• _What you have to do_
The word "events" appears in some lines of the entries. Say how many, and give nothing but the number.

• _Items listed in a dataset_

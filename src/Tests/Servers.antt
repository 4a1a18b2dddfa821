-- ===== src/Tests/Servers.antt =====
-- The MCP servers and the sandbox.
use agentic_enterprise.Base.{
  ℕ, ◌+◌, ◌≤◌, ◌≡◌, refl, ap, true, Option, none, some, List, [], ◌∷◌, ◌++◌, arith, if◌then◌else◌,
  length, Text, codes, text_eq, is_surrogate, timeout_error, failure, err, ok, ◌⊎◌, Raises,
}
use agentic_enterprise.Mcp.Paths.{
  AbsolutePath, split, is_name, parts, is_absolute, join, parent, is_relative_to, resolve,
  resolve_in_root,
}
use agentic_enterprise.Mcp.Paths.Jail.{IsClean, resolve_in_root_jails}
use agentic_enterprise.Mcp.Files.{encoded_length, FileSystem, Server}
use agentic_enterprise.Mcp.Files.Audit.{Accepted}
use agentic_enterprise.Mcp.FinanceApi.{Account, Client, TokenRequest}
use agentic_enterprise.Mcp.Finance.{Transport}
use agentic_enterprise.Sandbox.Containers.{
  PodmanFails, TracksContainers, sandbox_leaves_no_container,
}
use agentic_enterprise.Sandbox.{
  PodmanFailure, validate_code, other_error, Engine, try_container, run_container,
  execute_sandboxed_code, execute_sandboxed_code_async,
}
use agentic_enterprise.Sandbox.Audit.{validated_call_is_recorded}
use agentic_enterprise.Database.{error}
use agentic_enterprise.Database.Rows.{is_storable}
use agentic_enterprise.Tests.Postgres.{postgres, postgres-HonoursColumns}
use agentic_enterprise.Sandbox.{returned as ran, failed as not_ran}

abbrev root : AbsolutePath
root = codes "srv" ∷ codes "files" ∷ []

-- srv/files/a is a link to b.
abbrev links : AbsolutePath → Option Text
links path =
    if is_relative_to path (codes "srv" ∷ codes "files" ∷ codes "a" ∷ [])
    then some (codes "b")
    else none

resolve_in_root_jails_example :
    (is_relative_to (root ++ codes "b" ∷ []) root ≡ true) × IsClean links (root ++ codes "b" ∷ [])
unfolding resolve_in_root join is_absolute parts split is_name resolve is_relative_to text_eq parent
resolve_in_root_jails_example =
    resolve_in_root_jails links 40 root (codes "x/../a") (root ++ codes "b" ∷ []) refl

-- A file system that holds one text.
abbrev pub file_system : FileSystem Text
file_system = record {
  readlink = λ files. links;
  links = 40;
  root = root;
  exists = λ files path. true;
  decode = λ files path. ok files;
  write_bytes = λ path content files. (ok tt, content);
  iterdir = λ files path. ok [];
  sorted = λ names. names;
}

abbrev pub server : Server Text
server = record { files = codes "old"; events = [] }

accepted :
    (content : Text) (bytes : ℕ)
    → encoded_length content ≡ ok bytes
    → bytes ≤ 10
    → Accepted file_system 10 postgres (codes "x") content server (root ++ codes "x" ∷ []) bytes
unfolding resolve_in_root join is_absolute parts split is_name resolve is_relative_to text_eq parent
accepted content bytes size within = record { size = size; within_limit = within; jailed = refl }

abbrev pub client : Client
client = record { client_id = codes "id"; client_secret = codes "s" }

abbrev pub request : TokenRequest
request = record {
  grant_type = codes "client_credentials";
  client_id = codes "id";
  client_secret = codes "s";
}

abbrev account : Account
account = record { balance = 5; currency = codes "EUR" }

-- A server that takes the second token only; the state counts the refreshes.
abbrev transport : Transport ℕ
transport = record {
  value = λ w. (ok (w ∷ []), w);
  force_refresh = λ w. w + 1;
  get = λ id token w.
      if text_eq token (1 ∷ [])
      then (ok (record { status_code = 200; json = ok account }), w)
      else (ok (record { status_code = 401; json = err failure }), w);
}

-- Podman with its containers in a stack; the code never ends in time.
abbrev without_first : List ℕ → List ℕ
without_first [] = []
without_first (c ∷ live) = live

abbrev engine : Engine (List ℕ)
engine = record {
  run = λ code live. (ran (length live), length live ∷ live);
  wait = λ c live. (not_ran (other_error timeout_error), live);
  logs = λ c live. (ran [], live);
  remove = λ c live. (ran tt, without_first live);
}

ran_as : {A : Type 0} {a b : A} → ran a ≡ ran b → a ≡ b
ran_as e = cc

engine-TracksContainers : TracksContainers engine
engine-TracksContainers = record {
  live = λ live. live;
  run_adds = λ code live c e. ap (λ n. n ∷ live) (ran_as e);
  wait_keeps = λ c live. refl;
  logs_keeps = λ c live. refl;
  remove_takes = λ c live rest e done. ap without_first e;
}

sandbox_leaves_no_container_example :
    let (result, live, events) =
      execute_sandboxed_code_async engine
        (λ e. codes "timed out")
        (λ text. text)
        postgres
        none
        (codes "while 1: 0")
        (7 ∷ [])
        [] in
    (live ≡ 7 ∷ [])
    ⊎ ((x : PodmanFailure) × PodmanFails engine engine-TracksContainers
          (codes "while 1: 0")
          (7 ∷ [])
          x
        × ((result ≡ ok (record { output = codes "timed out"; status = error })) ⊎ Raises result))
unfolding engine-TracksContainers
sandbox_leaves_no_container_example =
    sandbox_leaves_no_container engine engine-TracksContainers (λ e. codes "timed out")
      (λ text. text) none (codes "while 1: 0") (7 ∷ []) [] postgres

validated_call_is_recorded_example :
    (execute_sandboxed_code_async engine
        (λ e. codes "timed out")
        (λ text. text)
        postgres
        (some (codes "t"))
        (codes "while 1: 0")
        (7 ∷ [])
        []
      ≡ (
        ok (record { output = codes "timed out"; status = error }),
        7 ∷ [],
        record {
          thread_id = some (codes "t");
          code_length = 10;
          outcome = error;
          detail = codes "timed out";
        }
            ∷ [],
      ))
    × (10 ≤ 4000)
    × (9 ≤ 512)
unfolding execute_sandboxed_code run_container try_container validate_code is_storable is_surrogate
validated_call_is_recorded_example =
    validated_call_is_recorded engine (λ e. codes "timed out") (λ text. text) postgres
      postgres-HonoursColumns (codes "t") (codes "while 1: 0") (7 ∷ []) [] refl (omega arith) refl
      refl refl

abbrev long_thread : Text
long_thread =
    codes
      "0123456789abcdef0123456789abcdef0123456789abcdef0123456789abcdef0123456789abcdef0123456789abcdef0123456789abcdef0123456789abcdef0"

• _Task output_
2